*** Opening Input for this task ***
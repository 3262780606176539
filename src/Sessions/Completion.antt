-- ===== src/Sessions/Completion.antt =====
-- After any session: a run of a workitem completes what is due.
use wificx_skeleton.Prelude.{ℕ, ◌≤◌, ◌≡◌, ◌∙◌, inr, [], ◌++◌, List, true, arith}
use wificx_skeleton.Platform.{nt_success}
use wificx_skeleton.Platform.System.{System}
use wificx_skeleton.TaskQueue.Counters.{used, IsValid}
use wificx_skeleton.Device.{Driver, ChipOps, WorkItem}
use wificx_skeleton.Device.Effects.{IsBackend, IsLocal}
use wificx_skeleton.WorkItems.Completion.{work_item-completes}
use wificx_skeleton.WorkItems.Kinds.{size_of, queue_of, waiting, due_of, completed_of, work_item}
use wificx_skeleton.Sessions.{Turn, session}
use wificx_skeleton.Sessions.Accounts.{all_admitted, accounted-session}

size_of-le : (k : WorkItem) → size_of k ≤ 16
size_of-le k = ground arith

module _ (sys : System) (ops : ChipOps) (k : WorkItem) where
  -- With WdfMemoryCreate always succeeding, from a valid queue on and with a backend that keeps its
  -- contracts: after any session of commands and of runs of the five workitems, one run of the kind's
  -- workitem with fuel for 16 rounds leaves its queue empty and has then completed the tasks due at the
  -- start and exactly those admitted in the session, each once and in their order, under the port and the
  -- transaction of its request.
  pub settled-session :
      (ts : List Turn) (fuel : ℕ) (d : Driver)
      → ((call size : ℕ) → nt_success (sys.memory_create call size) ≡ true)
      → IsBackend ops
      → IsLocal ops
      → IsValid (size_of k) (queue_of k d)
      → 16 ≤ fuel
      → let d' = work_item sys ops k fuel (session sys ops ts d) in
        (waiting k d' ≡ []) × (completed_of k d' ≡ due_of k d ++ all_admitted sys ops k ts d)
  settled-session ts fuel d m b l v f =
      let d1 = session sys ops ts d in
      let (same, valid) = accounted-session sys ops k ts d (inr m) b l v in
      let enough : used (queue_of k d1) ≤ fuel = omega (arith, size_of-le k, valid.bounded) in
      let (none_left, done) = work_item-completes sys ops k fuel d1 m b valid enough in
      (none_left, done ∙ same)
*** Closing Input for this task ***
About this exercise: Your answer must be a single number: the count of lines in the records that include "antt".

Written solution: 2